Much of the rest of your post seems to imply conspiracy.
The idea of Murdoch control is wide of the mark. I will highlight my own experience, but I know colleagues would say the same. I have criticized The Sun, the News of the World as well as companies that advertise directly with The Times – and never had a single line re-written. The Times doesn’t work like that. I have been consistently impressed with the integrity of the journalists/editors I have worked with.
Marginal gains are only advantageous in a zero sum environment if they are not exploited by the competition (or executed less well). The key intellectual property is, therefore, not publicised by Team Sky (as you’d expect). I have seen some of this, have good reason to believe it is not being used by the competition. Variation in performance is often explained, in part, by differential coaching, leadership and culture. If I had significant doubts about Team Sky’s integrity, I wouldn’t have included them (for a few pages, in a late chapter) in a book about scientific method.
You mention survivor bias. There is a long section on this in BBT (forgive the mention, but I have worked with fund management companies to eliminate survivor bias in the estimation of skill in traders: the results are interesting). Re Bounce, I explore the nuances in relationship between practice and outcome, and deal with survivor bias (but if you missed this, you could claim that I didn’t do so at sufficient length).
On the wider point: are Team Sky doping? It’s possible. Do I believe it to be the case? No. The culture of continuous improvement, intellectual curiosity, the willingness to revise their assumptions: I wish we had more organisations like that.

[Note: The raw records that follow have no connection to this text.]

-- ===== src/Assurance.antt =====
-- factory/assurance_pod/contracts.py: the reports of the independent reviewers, and the decision on them.
-- The statuses PASS and CHANGES_REQUIRED are a data type, so their membership test is left out.
pub mod Validator
pub mod Lifecycle
pub mod Counting
pub mod Passing
pub mod Release
pub mod Tests
use ai_factory.Base.{
  ℕ, String, Bool, true, false, not, ◌&&◌, ◌||◌, List, [], ◌∷◌, ⊤, map, if◌then◌else◌, eqb, ◌==◌,
  is_nil, is_empty, is_blank, any, contains, is_unique, same_set, length,
}
use ai_factory.Base.Result.{Result, ok, err, raise_if, for_each, ◌>>=◌, ◌>>◌}

abbrev pub assurance_roles : List String
assurance_roles = "A09-SECURITY" ∷ "A10-QA" ∷ "A12-RED-TEAM" ∷ []

abbrev pub assurance_severities : List String
assurance_severities = "INFO" ∷ "LOW" ∷ "MEDIUM" ∷ "HIGH" ∷ "CRITICAL" ∷ []

pub record AcceptanceCoverage : Type 0 where
  pub criterion_id : String
  pub evidence_refs : List String

pub record AssuranceFinding : Type 0 where
  pub finding_id : String
  pub category : String
  pub severity : String
  pub subject_ref : String
  pub statement : String
  pub evidence_refs : List String
  pub remediation : String
  pub blocking : Bool

pub record AssuranceReport : Type 0 where
  pub report_id : String
  pub mission_id : String
  pub reviewer_agent : String
  pub subject_artifact_ref : String
  pub findings : List AssuranceFinding
  pub verification_refs : List String
  pub acceptance_coverage : List AcceptanceCoverage

pub data Status : Type 0 where
  passed changes_required : Status

pub record AssuranceDecision : Type 0 where
  pub mission_id : String
  pub status : Status
  pub reviewer_agents : List String
  pub blocking_finding_ids : List String
  pub report_ids : List String

-- One constructor for each `raise` of the pod.
pub data AssuranceError : Type 0 where
  criterion_required coverage_requires_evidence : AssuranceError
  finding_identity_required statement_required finding_requires_evidence : AssuranceError
  unknown_severity : String → AssuranceError
  grave_must_block report_identity_required verification_required : AssuranceError
  unknown_reviewer : String → AssuranceError
  duplicate_findings duplicate_coverage only_qa_covers : AssuranceError
  decision_requires_roles decision_requires_reports : AssuranceError
  pass_with_blocking changes_without_blocking : AssuranceError
  mission_required three_reports_required mission_mismatch : AssuranceError
  not_independent duplicate_reviewer duplicate_report unknown_criteria : String → AssuranceError
  roles_missing required_not_unique qa_report_required : AssuranceError
  manifest_mission_required package_order_empty duplicate_packages : AssuranceError
  duplicate_paths duplicate_verifications duplicate_artifacts : AssuranceError
  artifact_fields_required max_attempts_too_small : AssuranceError
  cycle_identity_required attempt_too_small : AssuranceError
  remediation_identity_required remediation_without_findings : AssuranceError
  stale_assurance remediation_not_required budget_exhausted no_subject_change : AssuranceError
  blocked_release subject_changed : AssuranceError

-- `AcceptanceCoverage.validate`
unfoldable pub validate_coverage : AcceptanceCoverage → Result AssuranceError ⊤
validate_coverage c = do
  raise_if (is_blank c.criterion_id) criterion_required
  raise_if (is_nil c.evidence_refs || any is_blank c.evidence_refs) coverage_requires_evidence

-- `AssuranceFinding.validate`
unfoldable pub validate_finding : AssuranceFinding → Result AssuranceError ⊤
validate_finding f = do
  raise_if (is_empty f.finding_id || (is_blank f.category || is_blank f.subject_ref))
      finding_identity_required
  raise_if (not (contains f.severity assurance_severities)) (unknown_severity f.severity)
  raise_if (is_blank f.statement || is_blank f.remediation) statement_required
  raise_if (is_nil f.evidence_refs) finding_requires_evidence
  raise_if ((f.severity == "HIGH" || f.severity == "CRITICAL") && not f.blocking) grave_must_block

abbrev pub coverage_ids : AssuranceReport → List String
coverage_ids r = map (λ (c : AcceptanceCoverage). c.criterion_id) r.acceptance_coverage

-- `AssuranceReport.validate`
unfoldable pub validate_report : AssuranceReport → Result AssuranceError ⊤
unfolding validate_finding validate_coverage
validate_report r = do
  raise_if (is_empty r.report_id || (is_empty r.mission_id || is_blank r.subject_artifact_ref))
      report_identity_required
  raise_if (not (contains r.reviewer_agent assurance_roles)) (unknown_reviewer r.reviewer_agent)
  raise_if (is_nil r.verification_refs) verification_required
  raise_if (not (is_unique (map (λ (f : AssuranceFinding). f.finding_id) r.findings)))
      duplicate_findings
  for_each r.findings validate_finding
  raise_if (not (is_unique (coverage_ids r))) duplicate_coverage
  for_each r.acceptance_coverage validate_coverage
  raise_if (not (r.reviewer_agent == "A10-QA") && not (is_nil r.acceptance_coverage)) only_qa_covers

abbrev pub is_passed : Status → Bool
is_passed passed = true
is_passed changes_required = false

-- `AssuranceDecision.validate`
unfoldable pub validate_decision : AssuranceDecision → Result AssuranceError ⊤
validate_decision d = do
  raise_if (not (same_set d.reviewer_agents assurance_roles)) decision_requires_roles
  raise_if (not (eqb (length d.report_ids) 3) || not (is_unique d.report_ids))
      decision_requires_reports
  raise_if (is_passed d.status && not (is_nil d.blocking_finding_ids)) pass_with_blocking
  raise_if (not (is_passed d.status) && is_nil d.blocking_finding_ids) changes_without_blocking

I guess we can disagree on the facts without anyone acting in bad faith.
[ribbon toplink = true]My responses, point by point[/ribbon]
Here, I’ve highlight Syed’s email in blue, my response is in black:
Your post is nicely written, so I thought I’d venture a response. The points about whistleblowing are v well observed. I have some familiarity with this. I recently worked with the Sec of State for Health in UK in changing the law to create safe spaces for whistleblowers in the NHS (am working with other governments, with different legal systems, on this vital issue). Whistle-blowing isn’t just about corruption; it is about driving reforms that can only emerge from “bottom up” knowledge of problems and defects.
There are many examples in sport where it has been harrowing for those speaking up.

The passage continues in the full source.